I’m no grammar nazi, but it doesn’t take much of a cynic to figure that we are more easily misled and fooled when we don’t take our language seriously.

Consider the plethora of possibilities when a political candidate’s religion is questioned and he answers, “I believe in Jesus Christ.”

Don’t get me wrong. We say those words every Sunday in the Apostles’ Creed or the Nicene Creed. Yet we do not stop there in the confession of our beliefs, which include facts about the Christ: the only begotten Son of God, born of the Virgin Mary, was crucified, died, and was buried, rose from the dead, and so forth.

Just the statement “I believe in Jesus” itself is entirely up to interpretation nowadays. Mormons believe in Jesus. Muslims believe in Jesus. Pagan historians such as Josephus believed in Jesus. They just don’t believe the same things about Jesus that most Christians do.

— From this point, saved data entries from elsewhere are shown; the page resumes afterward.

-- ===== src/Examples/EntryRuns.antt =====
-- Entries with one bucket: a full one that a put splits, and one with three records.
use nali.Prelude.{ℕ, ◌≡◌, refl, none, some, true, false, [], ◌∷◌, arith, ◌==◌, if◌then◌else◌}
use nali.Bucket.Defs.{UnSortBuncket}
use nali.Bucket.Contents.{value_of}
use nali.Entry.Defs.{Eentry, is_valid, zeroed, PointerBEntry, count, get, update, delete}
use nali.Entry.Route.{bucket_of, pos_of, target, Holds}
use nali.Entry.Valid.{IsValid, contents}
use nali.Entry.Edges.{Keeps}
use nali.Entry.Locate
use nali.Entry.Laws
use nali.Entry.Store.{Outcome, put-Outcome}
use nali.Examples.BucketRuns.{memory, few, many, few-IsValid, many-IsValid}

abbrev entry_of : UnSortBuncket → Eentry
entry_of b = record {
  entry_key = 0;
  pointer = some b;
  prefix_bytes = 0;
  suffix_bytes = 8;
  entries = 1;
}

abbrev node_of : UnSortBuncket → PointerBEntry
node_of b = record { entrys = entry_of b ∷ zeroed ∷ zeroed ∷ zeroed ∷ [] }

abbrev pub small : PointerBEntry
small = node_of few

abbrev large : PointerBEntry
large = node_of many

few-Holds : Holds (entry_of few)
unfolding is_valid
few-Holds = record {
  bucket = few;
  pointed = refl;
  valid = few-IsValid;
  above = λ k v q. omega arith;
  set_up = refl;
}

many-Holds : Holds (entry_of many)
unfolding is_valid
many-Holds = record {
  bucket = many;
  pointed = refl;
  valid = many-IsValid;
  above = λ k v q. omega arith;
  set_up = refl;
}

pub small-IsValid : IsValid small
small-IsValid = record {
  size = refl;
  used = omega arith;
  bounded = omega arith;
  routed = (few-Holds, tt);
}

large-IsValid : IsValid large
large-IsValid = record {
  size = refl;
  used = omega arith;
  bounded = omega arith;
  routed = (many-Holds, tt);
}

absent_large : contents large 20 ≡ none
unfolding bucket_of target pos_of value_of
absent_large = refl

present_small : contents small 9 ≡ some 90
unfolding bucket_of target pos_of value_of
present_small = refl

get-contents_example :
    get small 9 ≡ elim (contents small 9) [ some v ↦ some (true, v) | none ↦ some (false, 0) ]
get-contents_example = Locate.get-contents small small-IsValid 9

put-Outcome_example : Outcome memory large large-IsValid 20 200 absent_large 2 false
put-Outcome_example = put-Outcome memory refl large large-IsValid 20 200 absent_large 0 false

update-contents_example :
    (e' : PointerBEntry) × (update small 9 1 ≡ some (e', true, 90))
    × IsValid e'
    × ((j : ℕ) → contents e' j ≡ (if 9 == j then some 1 else contents small j))
    × (count e' ≡ count small)
    × Keeps small e' 9
update-contents_example = Laws.update-contents small small-IsValid 9 1 90 present_small

delete-contents_example :
    (e' : PointerBEntry) × (delete small 9 ≡ some (e', true, 90))
    × IsValid e'
    × ((j : ℕ) → contents e' j ≡ (if 9 == j then none else contents small j))
    × (count e' ≡ count small)
    × Keeps small e' 9
delete-contents_example = Laws.delete-contents small small-IsValid 9 90 present_small
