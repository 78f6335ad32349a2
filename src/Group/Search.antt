-- ===== src/Group/Search.antt =====
-- `find_entry` of src/nali.h and its searches, over the entry keys `keys` of `entry_space`.
-- Indices are below `nr_entries_`, an `int`; a loop takes fuel for its rounds.
use nali.Prelude.{ℕ, zero, suc, ◌+◌, ◌-◌, ◌*◌, ◌/◌, ◌&&◌, leb, ltb, if◌then◌else◌}

-- the `int` that a model predicts: `negsuc n` is `- n - 1`
pub data Prediction : Type 0 where
  pos : ℕ → Prediction
  negsuc : ℕ → Prediction

abbrev pub min : ℕ → ℕ → ℕ
min a b = if leb a b then a else b

-- `min(max(0, m), nr_entries_ - 1)`, with `nr_entries_` at least 1
unfoldable pub clamp : Prediction → ℕ → ℕ
clamp (pos m) nr_entries = min m (nr_entries - 1)
clamp (negsuc m) nr_entries = min 0 (nr_entries - 1)

module _ (keys : ℕ → ℕ) (key : ℕ) where
  unfoldable pub linear_loop : ℕ → ℕ → ℕ → ℕ
  linear_loop zero l r = l
  linear_loop (suc fuel) l r =
      let rest = linear_loop fuel (l + 1) r in if ltb l r && leb (keys l) key then rest else l

  unfoldable pub linear_search_upper_bound : ℕ → ℕ → ℕ
  unfolding linear_loop
  linear_search_upper_bound l r = linear_loop (r - l) l r

  unfoldable pub binary_loop : ℕ → ℕ → ℕ → ℕ
  binary_loop zero l r = l
  binary_loop (suc fuel) l r =
      let mid = l + (r - l) / 2 in
      let right = binary_loop fuel (mid + 1) r in
      let left = binary_loop fuel l mid in
      if ltb l r then (if leb (keys mid) key then right else left) else l

  unfoldable pub binary_search_upper_bound : ℕ → ℕ → ℕ
  unfolding binary_loop
  binary_search_upper_bound l r = binary_loop (r - l) l r

  -- `while (bound < size && entry_space[m - bound].entry_key > key) bound *= 2`
  unfoldable pub down_loop : ℕ → ℕ → ℕ → ℕ → ℕ
  down_loop zero m size bound = bound
  down_loop (suc fuel) m size bound =
      let rest = down_loop fuel m size (bound * 2) in
      if ltb bound size && ltb key (keys (m - bound)) then rest else bound

  -- `while (bound < size && entry_space[m + bound].entry_key <= key) bound *= 2`
  unfoldable pub up_loop : ℕ → ℕ → ℕ → ℕ → ℕ
  up_loop zero m size bound = bound
  up_loop (suc fuel) m size bound =
      let rest = up_loop fuel m size (bound * 2) in
      if ltb bound size && leb (keys (m + bound)) key then rest else bound

  -- the range [l, r)
  unfoldable pub search_range : ℕ → ℕ → ℕ × ℕ
  unfolding down_loop up_loop
  search_range nr_entries m =
      if ltb key (keys m)
      then (let size = m in
          let bound = down_loop size m size 1 in (m - min bound size, m - bound / 2))
      else (let size = nr_entries - m in
          let bound = up_loop size m size 1 in (m + bound / 2, m + min bound size))

  -- `max(... - 1, 0)` is the subtraction that stops at 0
  unfoldable pub exponential_search_upper_bound : ℕ → ℕ → ℕ
  unfolding search_range linear_search_upper_bound binary_search_upper_bound
  exponential_search_upper_bound nr_entries m =
      let (l, r) = search_range nr_entries m in
      if ltb (r - l) 6 then linear_search_upper_bound l r - 1 else binary_search_upper_bound l r - 1

  unfoldable pub find_entry : ℕ → Prediction → ℕ
  unfolding exponential_search_upper_bound clamp
  find_entry nr_entries predicted =
      exponential_search_upper_bound nr_entries (clamp predicted nr_entries)
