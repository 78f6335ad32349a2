-- ===== src/Group/Bounds.antt =====
-- The searches of a group find the upper bound of a key, wherever the model starts them.
use nali.Prelude.{ℕ, zero, suc, ◌+◌, ◌-◌, ◌/◌, ◌≤◌, ◌<◌, ◌≡◌, inl, inr, leb, ltb, arith, Bool-cases}
use nali.Group.Search.{linear_loop, binary_loop}

-- The first `n` keys ascend.
pub record IsAscending (keys : ℕ → ℕ) (n : ℕ) : Type 0 where
  pub le : (i j : ℕ) → i ≤ j → j < n → keys i ≤ keys j

-- The upper bound of `key` lies in [l, r].
pub record Brackets (keys : ℕ → ℕ) (key n l r : ℕ) : Type 0 where
  pub ordered : l ≤ r
  pub inside : r ≤ n
  pub low : (i : ℕ) → i < l → keys i ≤ key
  pub high : (i : ℕ) → r ≤ i → i < n → key < keys i

module _ (keys : ℕ → ℕ) (key n : ℕ) (ascending : IsAscending keys n) where
  raise :
      (l r mid : ℕ)
      → Brackets keys key n l r
      → l ≤ mid
      → mid < r
      → keys mid ≤ key
      → Brackets keys key n (mid + 1) r
  raise l r mid b h h' k = record {
    ordered = omega arith;
    inside = b.inside;
    low = λ i q. ground (arith, ascending.le i mid, b.inside);
    high = b.high;
  }

  lower :
      (l r mid : ℕ)
      → Brackets keys key n l r
      → l ≤ mid
      → mid < r
      → key < keys mid
      → Brackets keys key n l mid
  lower l r mid b h h' k = record {
    ordered = h;
    inside = omega (arith, b.inside);
    low = b.low;
    high = λ i q s. ground (arith, ascending.le mid i);
  }

  pub linear_loop-Brackets :
      (fuel l r : ℕ)
      → r ≤ l + fuel
      → Brackets keys key n l r
      → Brackets keys key n (linear_loop keys key fuel l r) (linear_loop keys key fuel l r)
  unfolding linear_loop
  linear_loop-Brackets zero l r enough b =
      let e : l ≡ r = omega (arith, b.ordered) in
      record {
        ordered = omega arith;
        inside = omega (arith, b.inside);
        low = b.low;
        high = λ i q. b.high i (omega arith);
      }
  linear_loop-Brackets (suc fuel) l r enough b = elim (Bool-cases (ltb l r)) [
    | inr done ↦ rw done (record {
      ordered = omega arith;
      inside = omega (arith, b.inside, b.ordered);
      low = b.low;
      high = λ i q. b.high i (ground (arith, done));
    })
    | inl more ↦ elim (Bool-cases (leb (keys l) key)) [
      | inl small ↦
          rw (more, small)
            (linear_loop-Brackets fuel (l + 1) r (omega arith)
              (raise l r l b (omega arith) (ground (arith, more)) (ground (arith, small))))
      | inr large ↦
          rw (more, large)
            (lower l r l b (omega arith) (ground (arith, more)) (ground (arith, large)))
    ]
  ]

  pub binary_loop-Brackets :
      (fuel l r : ℕ)
      → r ≤ l + fuel
      → Brackets keys key n l r
      → Brackets keys key n (binary_loop keys key fuel l r) (binary_loop keys key fuel l r)
  unfolding binary_loop
  binary_loop-Brackets zero l r enough b = record {
    ordered = omega arith;
    inside = omega (arith, b.inside, b.ordered);
    low = b.low;
    high = λ i q. b.high i (omega (arith, enough, q));
  }
  binary_loop-Brackets (suc fuel) l r enough b = elim (Bool-cases (ltb l r)) [
    | inr done ↦ rw done (record {
      ordered = omega arith;
      inside = omega (arith, b.inside, b.ordered);
      low = b.low;
      high = λ i q. b.high i (ground (arith, done));
    })
    | inl more ↦
        let mid = l + (r - l) / 2 in
        let lt : l < r = ground (arith, more) in
        elim (Bool-cases (leb (keys mid) key)) [
          | inl small ↦
              rw (more, small)
                (binary_loop-Brackets fuel (mid + 1) r (omega arith)
                  (raise l r mid b (omega arith) (omega arith) (ground (arith, small))))
          | inr large ↦
              rw (more, large)
                (binary_loop-Brackets fuel l mid (omega arith)
                  (lower l r mid b (omega arith) (omega arith) (ground (arith, large))))
        ]
  ]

The recent debate between Albert Mohler, Jr., and Orson Scott Card about Mormonism and Christianity began something like this: Mohler laid out the common beliefs of “traditional orthodox Christianity”, and Card answers back, well, if you define it that way, we aren’t Christians, but who are you to define it that way?

Believing in Jesus has morphed from the concrete “whoever believes in me” in various parts of John to a postmodern trap where I can say I believe in Jesus and you can fill in the god of your choosing.

It is no longer sufficient for me to know what you are talking about when you say you believe in God, or Jesus. And so, if you really want me to know what you believe, you must come up with some statement that is succinct yet informative. When you do that, you have a creed. If it’s one or more of the ecumenical creeds, then you and I are on similar wavelengths.

The desire to get away from creeds and limiting oneself to talking about deeds has a detrimental effect. It plays into the sects who mumble the magic words, “we believe in Jesus,” but would fall short of actually believing in Him as He desires. It is a tool that evil uses to keep iron from sharpening iron.

Error is rarely as easily recognized as a New World Translation or a Koran. It poses as truth until it is accepted as truth and the real truth is kicked out.